Closed
Description
Dropping rows is removing the values from a multiindex dataframe but not removing the key values from the multiindex. I don't think this is intended behavior. This is pandas 15.1
In [33]: s = pd.Series(np.random.randn(8), index=arrays)
In [34]: df = pd.DataFrame(np.random.randn(8, 4), index=arrays)
In [35]: df
Out[35]:
0 1 2 3
bar one -0.236317 0.105585 -0.611251 0.016047
two 0.296703 -2.415282 -0.595308 0.388648
baz one 1.388280 0.261497 0.717756 0.407535
two 0.379969 -0.592787 1.093628 0.082563
foo one 0.100581 -0.186784 -0.150018 -0.032548
two 2.009603 -0.516111 0.801641 0.693063
qux one -0.194570 0.952694 0.913118 0.299275
two 1.716092 0.465544 1.453519 -0.679434
In [36]: df.index
Out[36]:
MultiIndex(levels=[[u'bar', u'baz', u'foo', u'qux'], [u'one', u'two']],
labels=[[0, 0, 1, 1, 2, 2, 3, 3], [0, 1, 0, 1, 0, 1, 0, 1]])

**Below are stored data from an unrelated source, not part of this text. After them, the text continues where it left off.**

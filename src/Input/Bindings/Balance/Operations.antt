-- ===== src/Input/Bindings/Balance/Operations.antt =====
-- What each operation of an InputPoller of internal/input_poller.cpp tells the callbacks of holds.
use detour_mod_kit.Base.{
  ℕ, ◌≡◌, refl, Bool, true, false, List, [], ◌∷◌, ◌++◌, map, arith, ◌==◌, if◌then◌else◌, Bool-cases,
  inl, inr, length,
}
use detour_mod_kit.Text.{Text}
use detour_mod_kit.Input.{InputBinding, Entry, Call}
use detour_mod_kit.Input.Bindings.{
  KeyCombo, Poller, recompute, with_name, without_name, release_calls, rewrite_combos, appended,
  update_named, inactive, any_entry, owned_by, add_bindings, remove_named, clear_bindings,
  release_active_holds, set_named_consume, set_consume, set_owned_consume, set_consume_by_owner,
}
use detour_mod_kit.Input.Bindings.Rebuild.{recompute-entries}
use detour_mod_kit.Input.Bindings.Balance.{
  told, active_holds, active_holds-append, Balanced, unchanged,
}
use detour_mod_kit.Input.Bindings.Balance.Reshapes.{
  active_holds-split, told-release_calls, active_holds-rewrite_combos, active_holds-appended,
  active_holds-inactive, active_holds-deactivate, active_holds-set_named_consume,
  active_holds-set_owned_consume,
}

same_holds :
    (f : ℕ) (es ds : List Entry) → active_holds f ds ≡ active_holds f es → Balanced f [] es ds
unfolding Balanced told
same_holds f es ds q = omega (arith, q)

-- A rebuild puts `ds` in place.
rebuilt :
    (f : ℕ) (memory : Bool) (drawn : ℕ) (cs : List Call) (es ds : List Entry) (p : Poller)
    → Balanced f cs es ds
    → Balanced f cs es (recompute memory drawn ds p).entries
rebuilt f memory drawn cs es ds p h = rw (recompute-entries memory drawn ds p) h

rebuilt_same :
    (f : ℕ) (memory : Bool) (drawn : ℕ) (es ds : List Entry) (p : Poller)
    → active_holds f ds ≡ active_holds f es
    → Balanced f [] es (recompute memory drawn ds p).entries
rebuilt_same f memory drawn es ds p q = rebuilt f memory drawn [] es ds p (same_holds f es ds q)

-- The entries of a name leave, and are released, for others that are not active.
replaced :
    (f : ℕ) (name : Text) (es found fresh : List Entry)
    → with_name name es ≡ found
    → active_holds f fresh ≡ 0
    → Balanced f (release_calls found) es (without_name name es ++ fresh)
unfolding Balanced
replaced f name es found fresh q z =
    let whole = active_holds-split f name es in
    let r = told-release_calls f found in
    let a = active_holds-append f (without_name name es) fresh in
    omega (arith, rw q at whole, r.0, r.1, a, z)

removed :
    (f : ℕ) (name : Text) (es found : List Entry)
    → with_name name es ≡ found
    → Balanced f (release_calls found) es (without_name name es)
unfolding Balanced
removed f name es found q =
    let whole = active_holds-split f name es in
    let r = told-release_calls f found in omega (arith, rw q at whole, r.0, r.1)

update_named-Balanced :
    (f : ℕ) (memory caches : Bool) (drawn : ℕ) (name : Text) (combos : List KeyCombo)
    (found : List Entry) (p : Poller)
    → with_name name p.entries ≡ found
    → let r = update_named memory caches drawn name combos found p in
      Balanced f r.2 p.entries r.0.entries
unfolding update_named
update_named-Balanced f memory caches drawn name combos [] p q = unchanged f p.entries
update_named-Balanced f false caches drawn name combos (e ∷ es) p q = unchanged f p.entries
update_named-Balanced f true caches drawn name combos (e ∷ es) p q =
    elim (Bool-cases (length (e ∷ es) == length combos)) [
      | inl c ↦ rw c (
          rebuilt_same f caches drawn p.entries (rewrite_combos name combos p.entries) p
            (active_holds-rewrite_combos f name combos p.entries))
      | inr c ↦ rw c (
          rebuilt f caches drawn (release_calls (e ∷ es)) p.entries
            (without_name name p.entries ++ appended e.binding combos) p
            (replaced f name p.entries (e ∷ es) (appended e.binding combos) q
              (active_holds-appended f e.binding combos)))
    ]

pub update_found-Balanced :
    (f : ℕ) (memory caches : Bool) (drawn : ℕ) (name : Text) (combos : List KeyCombo) (p : Poller)
    (indexed : Bool)
    → let r =
        update_named memory caches drawn name combos
          (if indexed then with_name name p.entries else [])
          p in
      Balanced f r.2 p.entries r.0.entries
unfolding update_named
update_found-Balanced f memory caches drawn name combos p true =
    update_named-Balanced f memory caches drawn name combos (with_name name p.entries) p refl
update_found-Balanced f memory caches drawn name combos p false = unchanged f p.entries

pub add_bindings-Balanced :
    (f : ℕ) (memory caches : Bool) (drawn : ℕ) (bs : List InputBinding) (p : Poller)
    → Balanced f [] p.entries (add_bindings memory caches drawn bs p).0.entries
unfolding add_bindings
add_bindings-Balanced f memory caches drawn [] p = unchanged f p.entries
add_bindings-Balanced f false caches drawn (b ∷ bs) p = unchanged f p.entries
add_bindings-Balanced f true caches drawn (b ∷ bs) p =
    rebuilt_same f caches drawn p.entries (p.entries ++ map inactive (b ∷ bs)) p (
      omega (
        arith,
        active_holds-append f p.entries (map inactive (b ∷ bs)),
        active_holds-inactive f (b ∷ bs),
      ))

remove_named-Balanced :
    (f : ℕ) (memory caches : Bool) (drawn : ℕ) (name : Text) (found : List Entry) (p : Poller)
    → with_name name p.entries ≡ found
    → let r = remove_named memory caches drawn name true found p in
      Balanced f r.2 p.entries r.0.entries
unfolding remove_named
remove_named-Balanced f memory caches drawn name [] p q = unchanged f p.entries
remove_named-Balanced f false caches drawn name (e ∷ es) p q = unchanged f p.entries
remove_named-Balanced f true caches drawn name (e ∷ es) p q =
    rebuilt f caches drawn (release_calls (e ∷ es)) p.entries (without_name name p.entries) p
      (removed f name p.entries (e ∷ es) q)

pub remove_found-Balanced :
    (f : ℕ) (memory caches : Bool) (drawn : ℕ) (name : Text) (p : Poller) (indexed : Bool)
    → let r =
        remove_named memory caches drawn name true
          (if indexed then with_name name p.entries else [])
          p in
      Balanced f r.2 p.entries r.0.entries
unfolding remove_named
remove_found-Balanced f memory caches drawn name p true =
    remove_named-Balanced f memory caches drawn name (with_name name p.entries) p refl
remove_found-Balanced f memory caches drawn name p false = unchanged f p.entries

pub clear_bindings-Balanced :
    (f : ℕ) (memory : Bool) (drawn : ℕ) (p : Poller)
    → let r = clear_bindings memory drawn true p in Balanced f r.1 p.entries r.0.entries
unfolding clear_bindings Balanced active_holds
clear_bindings-Balanced f false drawn p = unchanged f p.entries
clear_bindings-Balanced f true drawn p =
    let r = told-release_calls f p.entries in omega (arith, r.0, r.1)

pub release-Balanced :
    (f : ℕ) (p : Poller) → let r = release_active_holds p in Balanced f r.1 p.entries r.0.entries
unfolding release_active_holds Balanced
release-Balanced f p =
    let r = told-release_calls f p.entries in
    omega (arith, r.0, r.1, active_holds-deactivate f p.entries)

pub set_consume-Balanced :
    (f : ℕ) (caches : Bool) (drawn : ℕ) (name : Text) (consume : Bool) (p : Poller)
    → Balanced f [] p.entries (set_consume caches drawn name consume p).entries
unfolding set_consume
set_consume-Balanced f caches drawn name consume p =
    go (if p.indexed then with_name name p.entries else [])
  where
    go :
        (found : List Entry)
        → Balanced f [] p.entries
            (elim found as (λ x. Poller) [
              | [] ↦ p
              | e ∷ es ↦ recompute caches drawn (set_named_consume name consume p.entries) p
            ]).entries
    go [] = unchanged f p.entries
    go (e ∷ es) =
        rebuilt_same f caches drawn p.entries (set_named_consume name consume p.entries) p
          (active_holds-set_named_consume f name consume p.entries)

pub set_consume_by_owner-Balanced :
    (f : ℕ) (caches : Bool) (drawn owner : ℕ) (consume : Bool) (p : Poller)
    → Balanced f [] p.entries (set_consume_by_owner caches drawn owner consume p).entries
unfolding set_consume_by_owner
set_consume_by_owner-Balanced f caches drawn owner consume p = elim (Bool-cases (owner == 0)) [
  | inl q ↦ rw q (unchanged f p.entries)
  | inr q ↦ rw q (elim (Bool-cases (any_entry (owned_by owner consume) p.entries)) [
    | inl a ↦ rw a (
        rebuilt_same f caches drawn p.entries (set_owned_consume owner consume p.entries) p
          (active_holds-set_owned_consume f owner consume p.entries))
    | inr a ↦ rw a (unchanged f p.entries)
  ])
]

In [37]: df.drop('two', level=1, axis=0,inplace=True)
In [38]: df
Out[38]:
0 1 2 3
bar one -0.236317 0.105585 -0.611251 0.016047
baz one 1.388280 0.261497 0.717756 0.407535
foo one 0.100581 -0.186784 -0.150018 -0.032548
qux one -0.194570 0.952694 0.913118 0.299275
In [39]: df.index
Out[39]:
MultiIndex(levels=[[u'bar', u'baz', u'foo', u'qux'], [u'one', u'two']],
labels=[[0, 1, 2, 3], [0, 0, 0, 0]])
I noticed this because when I then try to create a panel from from the dataframe I get:
In [40]: panel = df.to_panel()
In [41]: panel
Out[41]:
<class 'pandas.core.panel.Panel'>
Dimensions: 4 (items) x 4 (major_axis) x 2 (minor_axis)
Items axis: 0 to 3
Major_axis axis: bar to qux
Minor_axis axis: one to two
I also noticed this same behavior when I used query on a multiindex dataframe and then tried to create a panel from the result. Is there a way to get around having to drop extra array from the panel?